BEGIN Available data
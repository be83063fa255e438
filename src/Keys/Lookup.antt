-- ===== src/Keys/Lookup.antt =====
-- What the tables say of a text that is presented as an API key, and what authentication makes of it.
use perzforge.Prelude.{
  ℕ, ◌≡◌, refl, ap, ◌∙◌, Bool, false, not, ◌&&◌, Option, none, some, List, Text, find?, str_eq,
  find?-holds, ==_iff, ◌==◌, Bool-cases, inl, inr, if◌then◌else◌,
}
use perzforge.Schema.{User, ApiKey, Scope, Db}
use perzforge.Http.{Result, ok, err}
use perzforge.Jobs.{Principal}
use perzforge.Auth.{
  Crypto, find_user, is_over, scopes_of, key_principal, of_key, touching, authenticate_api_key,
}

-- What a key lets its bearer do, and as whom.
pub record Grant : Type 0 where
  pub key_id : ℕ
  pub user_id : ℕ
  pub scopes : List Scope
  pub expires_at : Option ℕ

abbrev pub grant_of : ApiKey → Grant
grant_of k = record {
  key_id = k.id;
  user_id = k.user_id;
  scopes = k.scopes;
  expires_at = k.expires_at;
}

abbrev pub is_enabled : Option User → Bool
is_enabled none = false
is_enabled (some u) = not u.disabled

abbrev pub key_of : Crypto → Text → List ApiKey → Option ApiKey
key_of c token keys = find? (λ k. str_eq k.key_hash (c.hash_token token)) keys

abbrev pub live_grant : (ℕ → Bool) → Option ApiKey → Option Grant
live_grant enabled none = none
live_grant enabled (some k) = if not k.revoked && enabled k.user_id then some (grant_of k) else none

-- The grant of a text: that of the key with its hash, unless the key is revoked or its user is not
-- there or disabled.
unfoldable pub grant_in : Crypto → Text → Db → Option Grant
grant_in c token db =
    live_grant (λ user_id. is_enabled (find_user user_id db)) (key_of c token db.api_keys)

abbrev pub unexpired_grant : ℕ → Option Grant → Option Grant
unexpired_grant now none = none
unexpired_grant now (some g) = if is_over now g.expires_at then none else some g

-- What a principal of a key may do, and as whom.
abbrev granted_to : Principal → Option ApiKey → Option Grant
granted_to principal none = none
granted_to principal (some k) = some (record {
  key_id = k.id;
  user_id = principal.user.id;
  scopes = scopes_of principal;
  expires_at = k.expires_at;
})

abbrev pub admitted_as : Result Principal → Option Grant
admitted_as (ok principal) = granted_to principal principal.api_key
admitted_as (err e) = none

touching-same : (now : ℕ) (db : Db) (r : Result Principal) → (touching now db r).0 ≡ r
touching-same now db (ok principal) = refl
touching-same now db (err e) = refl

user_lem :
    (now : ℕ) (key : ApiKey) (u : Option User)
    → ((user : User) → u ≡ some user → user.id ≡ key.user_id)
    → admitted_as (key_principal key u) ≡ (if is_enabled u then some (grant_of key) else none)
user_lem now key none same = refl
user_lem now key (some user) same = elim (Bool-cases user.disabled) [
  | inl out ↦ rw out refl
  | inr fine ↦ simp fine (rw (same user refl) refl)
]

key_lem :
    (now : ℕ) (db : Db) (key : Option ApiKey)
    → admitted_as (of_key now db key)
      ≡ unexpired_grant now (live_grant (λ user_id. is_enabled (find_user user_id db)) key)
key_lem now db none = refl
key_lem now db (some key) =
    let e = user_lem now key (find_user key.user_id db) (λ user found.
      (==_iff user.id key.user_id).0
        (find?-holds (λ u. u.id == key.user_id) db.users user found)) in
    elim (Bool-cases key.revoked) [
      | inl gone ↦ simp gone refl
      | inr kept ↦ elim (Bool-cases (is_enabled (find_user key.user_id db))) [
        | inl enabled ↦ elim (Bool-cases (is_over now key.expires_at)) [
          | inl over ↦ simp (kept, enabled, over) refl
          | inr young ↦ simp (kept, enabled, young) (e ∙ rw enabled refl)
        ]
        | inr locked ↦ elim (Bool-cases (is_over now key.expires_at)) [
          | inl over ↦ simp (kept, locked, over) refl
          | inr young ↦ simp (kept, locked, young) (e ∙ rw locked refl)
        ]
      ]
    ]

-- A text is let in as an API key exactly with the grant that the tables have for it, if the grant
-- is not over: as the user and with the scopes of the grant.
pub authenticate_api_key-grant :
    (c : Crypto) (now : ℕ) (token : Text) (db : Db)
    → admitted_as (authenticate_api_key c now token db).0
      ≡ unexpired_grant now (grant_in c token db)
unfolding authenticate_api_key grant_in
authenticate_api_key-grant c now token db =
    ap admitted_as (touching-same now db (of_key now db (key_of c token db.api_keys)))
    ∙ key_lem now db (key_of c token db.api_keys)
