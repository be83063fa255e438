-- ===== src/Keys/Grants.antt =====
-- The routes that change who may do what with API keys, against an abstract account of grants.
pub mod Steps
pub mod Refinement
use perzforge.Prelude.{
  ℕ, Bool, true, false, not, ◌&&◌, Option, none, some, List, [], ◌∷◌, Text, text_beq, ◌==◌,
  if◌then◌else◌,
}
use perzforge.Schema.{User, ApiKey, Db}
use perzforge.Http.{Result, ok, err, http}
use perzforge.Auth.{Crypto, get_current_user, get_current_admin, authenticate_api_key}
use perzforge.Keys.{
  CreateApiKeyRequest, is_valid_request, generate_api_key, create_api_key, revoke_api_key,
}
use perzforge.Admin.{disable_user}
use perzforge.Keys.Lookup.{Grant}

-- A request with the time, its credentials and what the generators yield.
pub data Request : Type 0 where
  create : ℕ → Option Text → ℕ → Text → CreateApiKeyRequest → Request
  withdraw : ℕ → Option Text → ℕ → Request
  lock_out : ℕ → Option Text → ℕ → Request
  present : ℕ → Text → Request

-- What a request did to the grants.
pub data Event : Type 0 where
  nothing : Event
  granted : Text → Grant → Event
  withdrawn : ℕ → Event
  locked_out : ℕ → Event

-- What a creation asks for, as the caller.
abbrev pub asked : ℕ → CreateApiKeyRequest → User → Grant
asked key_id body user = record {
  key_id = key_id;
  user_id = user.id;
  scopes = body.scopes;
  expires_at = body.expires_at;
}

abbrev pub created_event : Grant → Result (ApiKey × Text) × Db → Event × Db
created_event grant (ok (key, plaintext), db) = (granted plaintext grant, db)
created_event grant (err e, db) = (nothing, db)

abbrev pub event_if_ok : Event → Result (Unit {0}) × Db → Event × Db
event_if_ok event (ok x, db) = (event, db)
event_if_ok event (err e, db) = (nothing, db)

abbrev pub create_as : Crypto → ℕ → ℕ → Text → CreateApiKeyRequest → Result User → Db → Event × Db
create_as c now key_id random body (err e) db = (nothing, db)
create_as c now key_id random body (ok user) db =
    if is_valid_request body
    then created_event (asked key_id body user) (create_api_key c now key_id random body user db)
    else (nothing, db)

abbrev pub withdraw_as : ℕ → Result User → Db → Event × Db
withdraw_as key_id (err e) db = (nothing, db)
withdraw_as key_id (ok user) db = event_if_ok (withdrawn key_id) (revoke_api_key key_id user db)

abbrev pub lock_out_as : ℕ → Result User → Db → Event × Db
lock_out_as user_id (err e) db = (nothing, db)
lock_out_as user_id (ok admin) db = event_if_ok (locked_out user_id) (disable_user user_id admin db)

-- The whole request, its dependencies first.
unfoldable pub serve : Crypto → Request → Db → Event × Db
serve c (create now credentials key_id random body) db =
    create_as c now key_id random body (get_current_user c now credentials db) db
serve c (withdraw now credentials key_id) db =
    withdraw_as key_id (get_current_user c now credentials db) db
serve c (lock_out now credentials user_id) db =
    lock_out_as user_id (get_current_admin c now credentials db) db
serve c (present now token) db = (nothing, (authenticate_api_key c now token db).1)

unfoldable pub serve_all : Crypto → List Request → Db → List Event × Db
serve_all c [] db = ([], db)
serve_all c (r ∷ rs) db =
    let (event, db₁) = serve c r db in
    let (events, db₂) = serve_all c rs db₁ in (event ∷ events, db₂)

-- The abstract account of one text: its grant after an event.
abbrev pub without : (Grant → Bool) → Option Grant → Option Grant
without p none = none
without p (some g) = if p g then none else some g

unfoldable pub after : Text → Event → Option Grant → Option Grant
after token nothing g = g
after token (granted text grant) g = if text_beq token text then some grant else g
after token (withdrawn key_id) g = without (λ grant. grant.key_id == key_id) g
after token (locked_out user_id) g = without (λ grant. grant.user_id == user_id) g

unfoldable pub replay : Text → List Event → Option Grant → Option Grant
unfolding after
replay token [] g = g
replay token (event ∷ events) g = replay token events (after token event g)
END Available data
What is being asked: Write out every line of the data that holds the word "false".

Answer for this exercise:
  ℕ, ◌≡◌, refl, ap, ◌∙◌, Bool, false, not, ◌&&◌, Option, none, some, List, Text, find?, str_eq,
is_enabled none = false
  ℕ, Bool, true, false, not, ◌&&◌, Option, none, some, List, [], ◌∷◌, Text, text_beq, ◌==◌,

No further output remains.